🤖 AI Summary
This study addresses the performance degradation of joint modeling with mixed continuous and binary responses under outliers or label noise. To this end, the authors propose a robust framework based on density power divergence (DPD) loss combined with ℓ₁ regularization. This work is the first to introduce DPD loss into mixed-response modeling, integrating a proximal gradient algorithm—enhanced with Barzilai–Borwein step sizes—and a robust information criterion (RIC) to simultaneously suppress anomalous samples, estimate high-dimensional sparse parameters, and adaptively select hyperparameters. Extensive simulations and real-world experiments on semiconductor wafer grinding data demonstrate that the proposed method significantly improves prediction accuracy, estimation fidelity, and model interpretability across various contamination scenarios.
📝 Abstract
In many supervised learning applications, the response consists of both continuous and binary outcomes.
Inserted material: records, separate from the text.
-- ===== src/Manager/Ordered.antt =====
-- The manager of internal/job/manager.go with one worker, which is its default.
use golang_videoencoder_api.Prelude.{
  ℕ, ◌≤◌, List, [], ◌∷◌, ◌++◌, append-nil, append_assoc, length, length-append, Option, ◌≡◌, refl,
  sym, ap, ◌∙◌, subst, subst₂, arith,
}
use golang_videoencoder_api.Worker.{JobWorkerResult}
use golang_videoencoder_api.Manager.Channels.{
  stopped, Line, Hub, start, Step, enqueue, stop_producing, receive, finish, send, log, leave, stop,
  workers_gone, logger_leaves, stop_returns, Run, here, next, Reaches, serve_all,
}
use golang_videoencoder_api.Manager.Phases.{HubInv, start-HubInv, none_left}
use golang_videoencoder_api.Manager.Crew.{Run-HubInv, stopped-Empty}
use golang_videoencoder_api.Manager.Serial.{lines, lines-append, held, serve_all-snoc}

module _ {A : Type 0} where
  -- A list of at most one element, around an element.
  alone :
      (xs before after : List A) (x : A)
      → xs ≡ before ++ (x ∷ after)
      → length xs ≤ 1
      → (before ++ after ≡ []) × (xs ≡ x ∷ [])
  alone xs [] [] x e h = (refl, e)
  alone xs [] (y ∷ after) x e h = absurd (omega (arith, ap (length {A = A}) e))
  alone xs (z ∷ before) after x e h =
      let total = ap (length {A = A}) e in
      let parts = length-append before (x ∷ after) in absurd (omega arith)

  told_next :
      (heard logging sending results : List A) (r : A)
      → sending ≡ []
      → heard ++ (logging ++ sending) ≡ results
      → heard ++ (logging ++ (r ∷ sending)) ≡ results ++ (r ∷ [])
  told_next heard logging sending results r e h =
      rw (e, ← append_assoc heard logging (r ∷ []))
        (ap (λ (l : List A). l ++ (r ∷ []))
          (ap (λ (l : List A). heard ++ l) (sym (append-nil logging))
            ∙ subst (λ (l : List A). heard ++ (logging ++ l) ≡ results) e h))

module _ {M W : Type 0} (serve : M → W → JobWorkerResult × W) where
  -- The messages that were served, in their order, and the results that the logger has had.
  record ServedInOrder (w : W) (accepted buffer working : List M) (sending : List JobWorkerResult)
      (logging : Option JobWorkerResult) (logs : List Line) (v : W) : Type 0 where
    order : List M
    results : List JobWorkerResult
    heard : List JobWorkerResult
    ran : serve_all serve order w ≡ (results, v)
    took : order ++ (working ++ buffer) ≡ accepted
    told : heard ++ (held logging ++ sending) ≡ results
    logged : logs ≡ lines heard

  abbrev InOrder : W → Hub M → W → Type 0
  InOrder w s v = ServedInOrder w s.accepted s.buffer s.working s.sending s.logging s.log v

  start-InOrder : (w : W) → InOrder w (start 1) w
  unfolding start serve_all
  start-InOrder w = record {
    order = [];
    results = [];
    heard = [];
    ran = refl;
    took = refl;
    told = refl;
    logged = refl;
  }

module _ {M W : Type 0} (serve : M → W → JobWorkerResult × W) (w : W) where
  Step-InOrder :
      {s : Hub M} {v : W} {t : Hub M} {x : W}
      → Step serve 1 s v t x
      → HubInv 1 s
      → InOrder serve w s v
      → InOrder serve w t x
  Step-InOrder {s} (enqueue msg on opened room) inv i = record {
    order = i.order;
    results = i.results;
    heard = i.heard;
    ran = i.ran;
    took =
        rw
          (
            ← append_assoc s.working s.buffer (msg ∷ []),
            ← append_assoc i.order (s.working ++ s.buffer) (msg ∷ []),
          )
          (ap (λ (l : List M). l ++ (msg ∷ [])) i.took);
    told = i.told;
    logged = i.logged;
  }
  Step-InOrder {s} (receive msg rest others full free) inv i =
      let no_working = none_left s.working (omega (arith, inv.crew)) in
      record {
        order = i.order;
        results = i.results;
        heard = i.heard;
        ran = i.ran;
        took =
            rw no_working
              (subst₂ (λ (a b : List M). i.order ++ (a ++ b) ≡ s.accepted) no_working full i.took);
        told = i.told;
        logged = i.logged;
      }
  Step-InOrder {s} {v} (finish before msg after at) inv i =
      let (none_other, one) = alone s.working before after msg at (omega (arith, inv.crew)) in
      let no_sending = none_left s.sending (omega (arith, inv.crew, ap (length {A = M}) one)) in
      record {
        order = i.order ++ (msg ∷ []);
        results = i.results ++ ((serve msg v).0 ∷ []);
        heard = i.heard;
        ran = serve_all-snoc serve i.order msg w v i.results i.ran;
        took =
            rw (none_other, append_assoc)
              (subst (λ (l : List M). i.order ++ (l ++ s.buffer) ≡ s.accepted) one i.took);
        told = told_next i.heard (held s.logging) s.sending i.results _ no_sending i.told;
        logged = i.logged;
      }
  Step-InOrder {s} (send before r after at free opened) inv i =
      let (none_other, one) = alone s.sending before after r at (omega (arith, inv.crew)) in
      record {
        order = i.order;
        results = i.results;
        heard = i.heard;
        ran = i.ran;
        took = i.took;
        told = rw none_other (
            subst₂
              (λ (o : Option JobWorkerResult) (l : List JobWorkerResult).
                i.heard ++ (held o ++ l) ≡ i.results)
              free one i.told);
        logged = i.logged;
      }
  Step-InOrder {s} (log r at) inv i = record {
    order = i.order;
    results = i.results;
    heard = i.heard ++ (r ∷ []);
    ran = i.ran;
    took = i.took;
    told = rw append_assoc (
        subst (λ (o : Option JobWorkerResult). i.heard ++ (held o ++ s.sending) ≡ i.results) at
          i.told);
    logged = rw (lines-append, i.logged, append-nil) refl;
  }
  Step-InOrder (stop_producing on) inv i = i
  Step-InOrder (leave others free drained shut) inv i = i
  Step-InOrder (stop at) inv i = i
  Step-InOrder (workers_gone at all) inv i = i
  Step-InOrder (logger_leaves shut free on) inv i = i
  Step-InOrder (stop_returns at ended) inv i = i

  Run-InOrder :
      {s : Hub M} {v : W} {n : ℕ} {t : Hub M} {x : W}
      → HubInv 1 s
      → InOrder serve w s v
      → Run serve 1 s v n t x
      → InOrder serve w t x
  Run-InOrder inv i here = i
  Run-InOrder inv i (next run step) =
      Step-InOrder step (Run-HubInv serve 1 inv run) (Run-InOrder inv i run)

  -- With one worker, the manager is the plain loop: when the stop function has returned, the messages
  -- that were accepted have been served in the order in which they were accepted, their effect on the
  -- world is that of serving them one behind the other, and the log has the lines of the results in
  -- that order.
  pub stopped-serve_all :
      {s : Hub M} {v : W}
      → Reaches serve 1 w s v
      → s.phase ≡ stopped
      → let (results, x) = serve_all serve s.accepted w in (v ≡ x) × (s.log ≡ lines results)
  stopped-serve_all {s} {v} (n, run) at =
      let i = Run-InOrder (start-HubInv 1) (start-InOrder serve w) run in
      let (no_buffer, no_working, no_sending, no_logging) =
        stopped-Empty serve 1 (omega arith) at (n, run) in
      let took : i.order ≡ s.accepted =
        sym (append-nil i.order)
        ∙ subst₂ (λ (a b : List M). i.order ++ (a ++ b) ≡ s.accepted) no_working no_buffer i.took in
      let told : i.heard ≡ i.results =
        sym (append-nil i.heard)
        ∙ subst₂
            (λ (o : Option JobWorkerResult) (l : List JobWorkerResult).
              i.heard ++ (held o ++ l) ≡ i.results)
            no_logging no_sending i.told in
      let ran = subst (λ (l : List M). serve_all serve l w ≡ (i.results, v)) took i.ran in
      (
        sym (ap (λ (p : List JobWorkerResult × W). p.1) ran),
        i.logged ∙ ap lines (told ∙ sym (ap (λ (p : List JobWorkerResult × W). p.0) ran)),
      )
Studies have shown that jointly modeling such mixed-type responses can substantially improve predictive performance compared to separate analyses. But outliers pose a new challenge to the existing likelihood-based modeling approaches. In this paper, we propose a new robust joint modeling framework for data with both continuous and binary responses. It is based on the density power divergence (DPD) loss function with the $\ell_1$ regularization. The proposed framework leads to a sparse estimator that simultaneously predicts continuous and binary responses in high-dimensional input settings while down-weighting influential outliers and mislabeled samples. We also develop an efficient proximal gradient algorithm with Barzilai-Borwein spectral step size and a robust information criterion (RIC) for data-driven selection of the penalty parameters. Extensive simulation studies under a variety of contamination schemes demonstrate that the proposed method achieves lower prediction error and more accurate parameter estimation than several competing approaches. A real case study on wafer lapping in semiconductor manufacturing further illustrates the practical gains in predictive accuracy, robustness, and interpretability of the proposed framework.